The mining services provider falls under the category of companies that can employ the low cost of debt to buy their own shares, according to Credit Suisse analysts.
Companies now have access to the lowest cost of debt in a generation, where an A-grade issuer in Australia can raise a 10-year debt at 5 per cent.
On the other hand, analysts forecast the ASX 200 companies, excluding financials, to yield free cashflow at 7.3 per cent next year, which makes financial sense for companies to conduct buybacks to drive up earnings per share (EPS). No wonder some of Australia’s biggest companies have done large-scale buybacks this year.
Telstra completed its $1 billion off-market share buyback in October — a move that was heavily oversubscribed and had to be scaled back because of strong demand.
Blood plasma maker CSL announced a new on-market share buyback of up to $950m in mid-October, the eighth buyback program it has made in nine years.
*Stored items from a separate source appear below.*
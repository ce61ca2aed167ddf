-- ===== src/Json/Numbers.antt =====
-- Numbers of JSON in the scripts: `and` and `all` over tests that may raise, comparisons, sums and
-- differences. What Python does with a float, of which only the text is kept, is a record of
-- functions.
use zerocool.Prelude.{
  ℕ, ◌+◌, ◌≡◌, refl, length, ◌-◌, ◌^◌, Bool, true, false, List, [], ◌∷◌, String, if◌then◌else◌, ltb,
  leb, Result, ok, raise, value_error, key_error, type_error, ◌>>=◌, require, item, not,
}
use zerocool.Json.{
  Value, bool, int, negative, float, get_key, get_default, bit, same, items, letters, size, list,
  object, str,
}

pub record Floats : Type 0 where
  -- `not x`
  pub is_zero : String → Bool
  -- `math.isfinite(x) and x > 0`
  pub is_positive : String → Bool
  -- `x + n`
  pub plus : String → ℕ → Value

infixr 4 ◌&?◌
-- `m and k`
abbrev pub ◌&?◌ : Result Bool → Result Bool → Result Bool
m &? k = m >>= λ b. if b then k else ok false

-- `all(test(x) for x in xs)`
unfoldable pub all_of {ℓ} : {A : Type ℓ} → (A → Result Bool) → List A → Result Bool
all_of test [] = ok true
all_of test (x ∷ xs) = do good ← test x; if good then all_of test xs else ok false

-- `require(test, message)` where the test may raise
abbrev pub check : Result Bool → String → Result (Unit {0})
check test message = test >>= λ b. require b message

infixr 3 ◌|?◌
-- `m or k`
abbrev pub ◌|?◌ : Result Bool → Result Bool → Result Bool
m |? k = m >>= λ b. if b then ok true else k

-- `if test: raise ValueError(message)` where the test may raise
abbrev pub refuse : Result Bool → String → Result (Unit {0})
refuse test message = test >>= λ b. require (not b) message

-- `d.get(k, default) != v`
unfoldable pub lacks : String → Value → Value → Value → Result Bool
lacks k default v d = do w ← get_default k default d; ok (not (same w v))

-- `d.get(k) == v`
unfoldable pub has : String → Value → Value → Result Bool
has k v d = do w ← get_key k d; ok (same w v)

-- `uint(d.get(k))`, for a test of unsigned numbers
unfoldable pub counts : (Value → Bool) → String → Value → Result Bool
counts test k d = do w ← get_key k d; ok (test w)

-- `type(v) is int and 0 <= v <= 2**64-1`
abbrev pub is_u64 : Value → Bool
is_u64 (int n) = ltb n (2 ^ 64)
is_u64 _ = false

-- `v + n`
unfoldable pub plus : Floats → Value → ℕ → Result Value
plus floats (int m) n = ok (int (m + n))
plus floats (negative m) n = ok (if leb (m + 1) n then int (n - (m + 1)) else negative (m - n))
plus floats (bool b) n = ok (int (bit b + n))
plus floats (float s) n = ok (floats.plus s n)
plus floats _ n = raise type_error

-- `b - a`
unfoldable pub minus : ℕ → ℕ → Value
minus b a = if leb a b then int (b - a) else negative (a - b - 1)

-- `len(v)`
unfoldable pub size_of : Value → Result ℕ
size_of (list vs) = ok (length (items vs))
size_of (object fs) = ok (size fs)
size_of (str s) = ok (length (letters s))
size_of _ = raise type_error

-- `v[0]`
unfoldable pub first_of : Value → Result Value
first_of (list vs) = item (items vs) 0
first_of (object fs) = raise key_error
first_of _ = raise type_error

-- `math.isfinite(v) and v > 0`
unfoldable pub is_positive : Floats → Value → Result Bool
is_positive floats (int n) = ok (ltb 0 n)
is_positive floats (negative n) = ok false
is_positive floats (bool b) = ok b
is_positive floats (float s) = ok (floats.is_positive s)
is_positive floats _ = raise type_error

-- the errors of a missing key or a wrong type, as one of value
unfoldable pub as_value_error {ℓ} : {A : Type ℓ} → String → Result A → Result A
as_value_error message (raise key_error) = raise (value_error message)
as_value_error message (raise type_error) = raise (value_error message)
as_value_error message m = m

-- A check that passes is of a test that holds.
pub check-true :
    (m : Result Bool) (message : String) {u : Unit {0}} → check m message ≡ ok u → m ≡ ok true
check-true (ok Bool.true) message h = refl
check-true (ok Bool.false) message h = cc
check-true (raise e) message h = cc

-- Both tests hold where the one and the other do.
pub both_hold : (m k : Result Bool) → (m &? k) ≡ ok true → (m ≡ ok true) × (k ≡ ok true)
both_hold (ok Bool.true) k h = (refl, h)
both_hold (ok Bool.false) k h = cc
both_hold (raise e) k h = cc
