-- ===== src/Arrivals/Events.antt =====
-- The events of a captured batch in `trace_batches` of scripts/qwen/q4_read_arrivals.py.
use zerocool.Prelude.{
  ℕ, suc, ◌-◌, max, Bool, true, false, not, ◌&&◌, Option, none, some, List, [], ◌∷◌, map, String,
  ◌==◌, nat_eq, if◌then◌else◌, ltb, leb, is_some, Result, ok, raise, key_error, type_error, ◌>>=◌,
  ◌>>◌, require, all, filter, sum_of, item,
}
use zerocool.Json.{Value, bool, int, str, at, get_key, bit, is_hashable, is_uint, number, same}
use zerocool.Json.Numbers.{◌&?◌, counts, has, check, all_of}

-- POSITIONS of native_q4_replay.py
abbrev pub positions : List ℕ
positions = 9 ∷ 1 ∷ 7 ∷ 3 ∷ 5 ∷ 0 ∷ 8 ∷ 4 ∷ []

-- what a value equals among the natural numbers
abbrev pub equal_number : Value → Option ℕ
equal_number (int n) = some n
equal_number (bool b) = some (bit b)
equal_number _ = none

-- `selected.get((layer, expert))` where `selected` gives each record its index; the last one counts
unfoldable pub index_from : ℕ → List (ℕ × ℕ) → ℕ → ℕ → Option ℕ
index_from i [] layer expert = none
index_from i ((l, e) ∷ records) layer expert =
    let rest = index_from (suc i) records layer expert in
    let here = if l == layer && e == expert then some i else none in
    elim rest [ none ↦ here | some j ↦ some j ]

unfoldable pub index_at : List (ℕ × ℕ) → Option ℕ → Option ℕ → Option ℕ
index_at records (some layer) (some expert) = index_from 0 records layer expert
index_at records _ _ = none

-- the index of `(r['layer'], r['expert'])`
unfoldable pub index_of : List (ℕ × ℕ) → Value → Result (Option ℕ)
index_of records r = do
  layer ← at "layer" r
  expert ← at "expert" r
  if is_hashable layer && is_hashable expert
      then ok (index_at records (equal_number layer) (equal_number expert))
      else raise type_error

unfoldable pub indices_of : List (ℕ × ℕ) → List Value → Result (List (Option ℕ))
indices_of records [] = ok []
indices_of records (r ∷ rs) = do i ← index_of records r; rest ← indices_of records rs; ok (i ∷ rest)

unfoldable pub holds_index : Option ℕ → List (Option ℕ) → Bool
holds_index i [] = false
holds_index none (j ∷ js) = not (is_some j) && holds_index none js
holds_index (some i) (none ∷ js) = holds_index (some i) js
holds_index (some i) (some j ∷ js) = if j == i then true else holds_index (some i) js

-- `{(r['layer'], r['expert']) for r in events} == set(selected)`
unfoldable pub covers : List (ℕ × ℕ) → List Value → Result Bool
covers records events = do
  found ← indices_of records events
  ok (
      all is_some found
      && all (λ key. holds_index (index_from 0 records key.0 key.1) found) records)

-- the nine timestamps of an event, its layer, its index among the records, and its acquisition
pub record Event : Type 0 where
  pub layer : ℕ
  pub index : ℕ
  pub is_hit : Bool
  pub admitted : ℕ
  pub read_queued : ℕ
  pub read_started : ℕ
  pub read_completed : ℕ
  pub encoded : ℕ
  pub submitted : ℕ
  pub gpu_start : ℕ
  pub gpu_end : ℕ
  pub released : ℕ

abbrev timestamps : List String
timestamps =
    "admitted_ns" ∷ "read_queued_ns" ∷ "read_started_ns" ∷ "read_completed_ns" ∷ "encoded_ns"
    ∷ "submitted_ns" ∷ "gpu_start_ns" ∷ "gpu_end_ns" ∷ "released_ns" ∷ []

-- `uint(v) and v > 0`
abbrev pub is_stamp : Value → Bool
is_stamp v = is_uint v && ltb 0 (number v)

unfoldable pub read_stamps : ℕ → ℕ → Bool → Value → Result Event
read_stamps layer index is_hit r = do
  admitted ← at "admitted_ns" r
  queued ← at "read_queued_ns" r
  started ← at "read_started_ns" r
  completed ← at "read_completed_ns" r
  encoded ← at "encoded_ns" r
  submitted ← at "submitted_ns" r
  begins ← at "gpu_start_ns" r
  ends ← at "gpu_end_ns" r
  released ← at "released_ns" r
  ok (record {
    layer = layer;
    index = index;
    is_hit = is_hit;
    admitted = number admitted;
    read_queued = number queued;
    read_started = number started;
    read_completed = number completed;
    encoded = number encoded;
    submitted = number submitted;
    gpu_start = number begins;
    gpu_end = number ends;
    released = number released;
  })

-- the layer of an event, which equals a number where the event has an index
abbrev pub layer_of : Value → ℕ
layer_of v = elim (equal_number v) [ none ↦ 0 | some n ↦ n ]

-- the index of an event that the coverage has found
unfoldable pub found_index : Option ℕ → Result ℕ
found_index none = raise key_error
found_index (some i) = ok i

abbrev pub holds_number : ℕ → List ℕ → Bool
holds_number n [] = false
holds_number n (m ∷ ms) = if m == n then true else holds_number n ms

unfoldable pub read_event : List (ℕ × ℕ) → List ℕ → Value → Result Event
read_event records hit_indices r = do
  found ← index_of records r
  index ← found_index found
  let is_hit = holds_number index hit_indices
  check
      ((do
        position ← get_key "position" r
        expected ← item positions index
        ok (same position (int expected)))
        &? has "acquisition" (str (if is_hit then "ready_hit" else "new_miss")) r)
      "Wrong expert destination or hit classification"
  check (all_of (λ k. counts is_stamp k r) timestamps) "Missing event timestamps"
  layer ← at "layer" r
  read_stamps (layer_of layer) index is_hit r

-- reading, encoding, submission, the GPU and the release come one after the other
abbrev pub is_forward : ℕ → Event → Bool
is_forward previous_release e =
    leb e.read_queued e.read_started
    && leb e.read_started e.read_completed
    && leb e.read_completed e.encoded
    && leb previous_release e.admitted
    && leb e.admitted e.encoded
    && leb e.encoded e.submitted
    && leb e.submitted e.gpu_start
    && leb e.gpu_start e.gpu_end
    && leb e.gpu_end e.released

-- a hit has been read before it is admitted
abbrev pub was_ready : Event → Bool
was_ready e = if e.is_hit then leb e.read_completed e.admitted else true

unfoldable pub check_event : ℕ → Event → Result (Unit {0})
check_event previous_release e = do
  require (is_forward previous_release e) "Reversed read, encoding, GPU or ownership timestamps"
  require (was_ready e) "Prepared hit was not ready at admission"

-- the loop over the events of a batch
unfoldable pub on_events : List (ℕ × ℕ) → List ℕ → ℕ → List Value → Result (List Event)
on_events records hit_indices previous_release [] = ok []
on_events records hit_indices previous_release (r ∷ rs) = do
  e ← read_event records hit_indices r
  check_event previous_release e
  rest ← on_events records hit_indices previous_release rs
  ok (e ∷ rest)

-- when the expert of an event is ready
abbrev pub ready : Event → ℕ
ready e = max e.admitted e.read_completed

abbrev missed : Event → Bool
missed e = not e.is_hit

-- `queue`, `service`, `ready_encode` and `ready_gpu`
abbrev pub queue_of : List Event → ℕ
queue_of events = sum_of (λ e. e.read_started - e.read_queued) (filter missed events)

abbrev pub service_of : List Event → ℕ
service_of events = sum_of (λ e. e.read_completed - e.read_started) (filter missed events)

abbrev pub ready_encode_of : List Event → ℕ
ready_encode_of = sum_of (λ e. e.encoded - ready e)

abbrev pub ready_gpu_of : List Event → ℕ
ready_gpu_of = sum_of (λ e. e.gpu_start - ready e)

-- the two lists of `readiness` for an acquisition
abbrev pub ready_to_submission : Bool → List Event → List ℕ
ready_to_submission hit events =
    map (λ e. e.submitted - ready e) (filter (λ e. if hit then e.is_hit else missed e) events)

abbrev pub read_to_submission : Bool → List Event → List ℕ
read_to_submission hit events =
    map (λ e. e.submitted - e.read_completed)
      (filter (λ e. if hit then e.is_hit else missed e) events)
The previous seven buybacks, which totalled about $4.2bn, have boosted CSL’s earnings per share by more than 19 per cent.
Aurizon also said last month that it would buy back up to 5 per cent of its shares on market over the next 12 months, which were worth about $500m.
Analysts say global miners BHP Billiton and Rio Tinto have the potential for capital management of $4bn and $5bn respectively in 2016.
The potential list of companies to do earnings-per-share accretive buybacks also includes Seven West Media, Auto Holdings, Cabcharge, Downer EDI and Ansell, which has already got an active buyback in place.
All these companies can have the cost of debt considerably lower than their cost of equity, measured by their 2015 earnings yield.
If they don’t choose to use those buy back shares, as in the case of Bradken, they may easily find themselves targeted by others — and probably private equity buyers.
If they do, the buybacks will drive up the share prices, which will make themselves less attractive to potential acquirers.
Alternatively, they may choose to leverage up their balance sheet to make earnings-per-share accretive acquisitions.